Let's look at situations like the use of GET-BLOCK! (I believe must be a synonym for REDUCE) to do ranges in UPARSE.

; Set min to null so we can easily test if it has been set or not, but is
; still "a little ornery".  Must set it before running the rule.
;
min: null

; Set max to blank so it can opt out by default if we have no max
;
max: _

<<BUNCH OF CODE THAT MUST SET MIN AND MAY OR MAY NOT SET MAX>>

uparse data [repeat (:[min max]) rule]

The reason I didn't say (min: ~) or (min: ~overwrite-me~) is because I wanted min to be "middlingly ornery". So I wanted to use it in expressions like any [min, ...] but I didn't want it to be able to be used as an opt out intention. This is the weird zone that NULL occupies and we're making the most of it.

Under this understanding...I'd be displeased if that turned into [repeat ([_]) rule], because I'd have liked to have been told about the issue.

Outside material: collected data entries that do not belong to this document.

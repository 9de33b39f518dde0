-- ===== src/Packages/Dependencies/Graph.antt =====
-- src/plaik_core/dependencies.py: the graph that an installation would leave, by its lookups.
use plaik.Prelude.{
  ◌≡◌, refl, subst, String, Bool, true, false, Option, none, some, List, [], ◌∷◌, arith, ◌==◌,
  string_eq, eq_iff, if◌then◌else◌, Bool-cases, inl, inr,
}
use plaik.Prelude.Dict.{lookup, insert, Distinct, lookup-insert, Distinct-insert}
use plaik.Prelude.Results.{ok, err}
use plaik.Packages.Manifest.{PackageManifest}
use plaik.Packages.Dependencies.{
  ResolutionError, duplicate_package, Packages, is_member, collect, merge,
}

-- The manifest of an id among those requested.
unfoldable pub find : String → List PackageManifest → Option PackageManifest
find k [] = none
find k (m ∷ ms) = if m.id == k then some m else find k ms

abbrev pub is_found : String → List PackageManifest → Bool
is_found k ms = elim (find k ms) [ none ↦ false | some _ ↦ true ]

-- The first that is there.
abbrev pub or_else : {A : Type 0} → Option A → Option A → Option A
or_else (some a) o = some a
or_else none o = o

pub find-id :
    (k : String) (ms : List PackageManifest) (m : PackageManifest) → find k ms ≡ some m → m.id ≡ k
unfolding find
find-id k [] m h = absurd (ground arith)
find-id k (n ∷ ms) m h = ground (arith, eq_iff n.id k, find-id k ms m)

pub collect-lookup :
    (ms : List PackageManifest) (d c : Packages) (k : String)
    → collect ms d ≡ ok c
    → lookup k c ≡ or_else (lookup k d) (find k ms)
unfolding collect find
collect-lookup [] d c k h = ground (arith, h)
collect-lookup (m ∷ ms) d c k h =
    ground
      (arith, h, collect-lookup ms (insert m.id m d) c k, lookup-insert m.id k m d, eq_iff m.id k)

pub collect-Distinct :
    (ms : List PackageManifest) (d c : Packages) → collect ms d ≡ ok c → Distinct d → Distinct c
unfolding collect
collect-Distinct [] d c h k = subst Distinct (ground arith) k
collect-Distinct (m ∷ ms) d c h k = elim (Bool-cases (is_member m.id d)) [
  | inl p ↦ absurd (ground (arith, p, h))
  | inr p ↦
      collect-Distinct ms (insert m.id m d) c (ground (arith, p, h)) (Distinct-insert m.id m d k)
]

pub collect-err :
    (ms : List PackageManifest) (d : Packages) (x : ResolutionError)
    → collect ms d ≡ err x
    → x ≡ duplicate_package
unfolding collect
collect-err [] d x h = absurd (ground arith)
collect-err (m ∷ ms) d x h = ground (arith, h, collect-err ms (insert m.id m d) x)

pub merge-lookup :
    (installed candidates : Packages) (k : String)
    → Distinct candidates
    → lookup k (merge installed candidates) ≡ or_else (lookup k candidates) (lookup k installed)
unfolding merge lookup
merge-lookup installed [] k h = refl
merge-lookup installed ((j, m) ∷ c) k h = ground (
  arith,
  merge-lookup (insert j m installed) c k h.1,
  lookup-insert j k m installed,
  eq_iff j k,
  h.0,
)
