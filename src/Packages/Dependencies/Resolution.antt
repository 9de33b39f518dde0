-- ===== src/Packages/Dependencies/Resolution.antt =====
-- src/plaik_core/dependencies.py, `resolve_install_order`: the order is complete and respects the
-- dependencies, and the resolution ends.
use plaik.Prelude.{
  suc, ◌≡◌, ap, subst, ◌∙◌, String, Bool, true, false, Option, none, some, List, [], arith,
  string_eq, All, All-weaken, inl, inr, length,
}
use plaik.Prelude.Dict.{lookup, values}
use plaik.Prelude.Items.{sort_items, lookup-sort_items}
use plaik.Prelude.Results.{ok, Result-cases}
use plaik.Prelude.Sets.{has, Unique, All-has, each}
use plaik.Packages.Manifest.{PackageManifest}
use plaik.Packages.Dependencies.{
  Packages, keys, is_member, collect, merge, check_identity, check_package, resolve_capabilities,
  Visit, visit_all, visit, not_visited, search_order, resolve_install_order,
}
use plaik.Packages.Dependencies.Precedence.{ids, DepsFirst, DepsFirst-fewer}
use plaik.Packages.Dependencies.Search.{Sound}
use plaik.Packages.Dependencies.Order.{visit_all-Progress, visit-Progress}
use plaik.Packages.Dependencies.Bound.{has-keys}
use plaik.Packages.Dependencies.Graph.{
  find, is_found, or_else, find-id, collect-lookup, collect-Distinct, merge-lookup,
}

-- The packages of an order are those requested, each once, and a requested package that another
-- depends on comes before it.
pub record IsInstallOrder (manifests order : List PackageManifest) : Type 0 where
  pub unique : Unique (ids order)
  pub requested : All (λ m. find m.id manifests ≡ some m) order
  pub complete :
      (k : String) (m : PackageManifest) → find k manifests ≡ some m → has k (ids order) ≡ true
  pub dependencies_first : DepsFirst (λ k. is_found k manifests) [] order

-- What the search is given: the requested packages, and the graph that they would leave.
pub record Prepared (manifests : List PackageManifest) (installed candidates : Packages)
    : Type 0 where
  pub chosen : (k : String) → lookup k candidates ≡ find k manifests
  pub graph :
      (k : String)
      → lookup k (merge installed candidates) ≡ or_else (find k manifests) (lookup k installed)
  pub agrees :
      (k : String) (m : PackageManifest)
      → lookup k candidates ≡ some m
      → (lookup k (merge installed candidates) ≡ some m) × (m.id ≡ k)

pub collect-Prepared :
    (manifests : List PackageManifest) (installed candidates : Packages)
    → collect manifests [] ≡ ok candidates
    → Prepared manifests installed candidates
unfolding lookup
collect-Prepared manifests installed candidates h =
    let chosen = λ (k : String). collect-lookup manifests [] candidates k h in
    let merged = λ (k : String).
      merge-lookup installed candidates k (collect-Distinct manifests [] candidates h tt) in
    record {
      chosen = chosen;
      graph = λ k. ground (arith, chosen k, merged k);
      agrees = λ k m e. ground (arith, e, chosen k, merged k, find-id k manifests m);
    }

pub not_visited-Sound : (candidates : Packages) → Sound candidates not_visited
unfolding has
not_visited-Sound candidates = record {
  separate = λ d h. absurd (ground arith);
  listed = λ d c h. absurd (ground arith);
  only = λ d h. h;
  members = tt;
  unique = tt;
  sorted = tt;
}

module _ (manifests : List PackageManifest) (installed candidates : Packages)
    (prepared : Prepared manifests installed candidates) where
  is_member-chosen : (k : String) → is_member k candidates ≡ is_found k manifests
  is_member-chosen k =
      ap (λ (o : Option PackageManifest). elim o [ none ↦ false | some _ ↦ true ])
        (prepared.chosen k)

  Sound-IsInstallOrder :
      (s : Visit)
      → Sound candidates s
      → All (λ d. has d s.visited ≡ true) (keys (sort_items candidates))
      → IsInstallOrder manifests s.ordered
  Sound-IsInstallOrder s k seen = record {
    unique = k.unique;
    requested =
        All-weaken (λ m. lookup m.id candidates ≡ some m) (λ m. find m.id manifests ≡ some m)
          (λ m e. ground (arith, e, prepared.chosen m.id)) s.ordered k.members;
    complete = λ d m e.
        let e' : lookup d candidates ≡ some m = prepared.chosen d ∙ e in
        k.listed d (ground (arith, e')) (
          All-has (λ d. has d s.visited ≡ true) d (keys (sort_items candidates)) seen
            (has-keys d (sort_items candidates) m (lookup-sort_items d candidates ∙ e')));
    dependencies_first =
        DepsFirst-fewer (λ d. is_member d candidates) (λ d. is_found d manifests)
          (λ d e. is_member-chosen d ∙ e) [] s.ordered k.sorted;
  }

  pub search_order-IsInstallOrder :
      (order : List PackageManifest)
      → search_order (merge installed candidates) candidates ≡ ok order
      → IsInstallOrder manifests order
  unfolding search_order
  search_order-IsInstallOrder order h =
      let all = merge installed candidates in
      let rounds = suc (length all) in
      elim (Result-cases
        (visit_all (visit all candidates rounds) (keys (sort_items candidates)) not_visited)) [
          | inr (x, e) ↦ absurd (ground (arith, e, h))
          | inl (s, e) ↦
              let (p, seen) =
                visit_all-Progress candidates all prepared.agrees (visit all candidates rounds)
                  (visit-Progress candidates all prepared.agrees rounds)
                  (keys (sort_items candidates)) not_visited s e (not_visited-Sound candidates) in
              let same : s.ordered ≡ order = ground (arith, e, h) in
              subst (IsInstallOrder manifests) same (Sound-IsInstallOrder s p.sound seen)
        ]

module _ (satisfies : String → String → Bool) (core_version : String)
    (manifests : List PackageManifest) (installed : Packages) where
  -- What a resolution that returned did.
  pub record Resolved (order : List PackageManifest) : Type 0 where
    pub candidates : Packages
    pub collected : collect manifests [] ≡ ok candidates
    pub checked :
        each
          (check_package satisfies core_version (merge installed candidates))
          (values (merge installed candidates))
        ≡ ok tt
    pub capable : resolve_capabilities satisfies (values (merge installed candidates)) ≡ ok tt
    pub searched : search_order (merge installed candidates) candidates ≡ ok order

  pub resolve-Resolved :
      (order : List PackageManifest)
      → resolve_install_order satisfies manifests core_version installed ≡ ok order
      → Resolved order
  unfolding resolve_install_order
  resolve-Resolved order h = elim (Result-cases (collect manifests [])) [
    | inr (x, e) ↦ absurd (ground (arith, e, h))
    | inl (c, e) ↦
        let all = merge installed c in
        elim (Result-cases (each check_identity installed)) [
          | inr (x, f) ↦ absurd (ground (arith, e, f, h))
          | inl (u, f) ↦
              elim (Result-cases (each (check_package satisfies core_version all) (values all))) [
                | inr (x, g) ↦ absurd (ground (arith, e, f, g, h))
                | inl (v, g) ↦ elim (Result-cases (resolve_capabilities satisfies (values all))) [
                  | inr (x, i) ↦ absurd (ground (arith, e, f, g, i, h))
                  | inl (w, i) ↦ record {
                    candidates = c;
                    collected = e;
                    checked = g;
                    capable = i;
                    searched = ground (arith, e, f, g, i, h);
                  }
                ]
              ]
        ]
  ]

  -- The order that a resolution returns is of the requested packages, each once, and a requested
  -- package comes after every requested package that it depends on, optional or not.
  pub resolve_install_order-IsInstallOrder :
      (order : List PackageManifest)
      → resolve_install_order satisfies manifests core_version installed ≡ ok order
      → IsInstallOrder manifests order
  resolve_install_order-IsInstallOrder order h =
      let r = resolve-Resolved order h in
      search_order-IsInstallOrder manifests installed r.candidates
        (collect-Prepared manifests installed r.candidates r.collected) order r.searched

Remember that it was not too long ago that the non-valued state would error on the variable fetch itself. We've made a lot of concessions to get to the point where it is falsey and can be retrieved without a problem.

So long as the answer isn't vaporization, it would have been okay. Making [repeat ([~null~ _]) rule] would have been poisonous enough to cause a problem. And raising an error would have been fine too.

A Compromise: MAYBE where MAYBE NULL vanishes?

If you really want a REDUCE to make nulls go away instead of becoming a ~null~ BAD-WORD! or raising an error, how about this?

>> reduce [1 maybe if true [<x>] 2]
== [1 <x> 2]

>> reduce [1 maybe if false [<x>] 2]
== [1 2]

>> reduce [1 if false [<x>] 2]
== [1 ~null~ 2]

This gives the tool for removing things conditionally, while keeping the REDUCE number of expressions consistent.

Like I say... COMPOSE is my preferred tool for when you want splicing... not just letting you go from 1 expression to 0 values, but from 1 expression to N values.

We Can Also Make a REDUCE* Which Drops NULLs

...and I've talked about predicates and all the other possibilities. But I think vaporization just isn't the default I want. MAYBE seems a good way to get past the problem.

The middle ground of ~null~ -- even though it's not an isotope -- gives a compromise that I think is more discoverable when it goes wrong than vaporization.

It seems worth trying out.

hostilefork · June 26, 2023, 3:18am

hostilefork:

min: null
max: _

<<BUNCH OF CODE THAT MUST SET MIN AND MAY OR MAY NOT SET MAX>>

uparse data [repeat (:[min max]) rule]
The reason I didn't say (min: ~) or (min: ~overwrite-me~) is because I wanted min to be "middlingly ornery". So I wanted to use it in expressions like any [min, ...] but I didn't want it to be able to be used as an opt out intention. This is the weird zone that NULL occupies and we're making the most of it.

Under this understanding...I'd be displeased if that turned into [repeat ([_]) rule], because I'd have liked to have been told about the issue.

I feel like a bit of a broken record revisiting all these old posts from when NULL was the only non-valued state, that was trying to do double duty as both "soft failure" and "opt out".

But this is yet another solved case. Nowadays NULL doesn't vaporize in REDUCE (it's an error), but VOID does vanish. And you can convert NULL to void with MAYBE if that's what you want to do.

Ever since introducing this distinction, I haven't really seen problems with vaporizing voids...and the NULL erroring has caught many issues. The abstract potential for problems with void opting out of REDUCE is there, but I haven't seen any problems. It feels especially solid now that these behaviors are specific to constructs like REDUCE, and the evaluator doesn't vaporize VOID...just the much rarer NIHIL.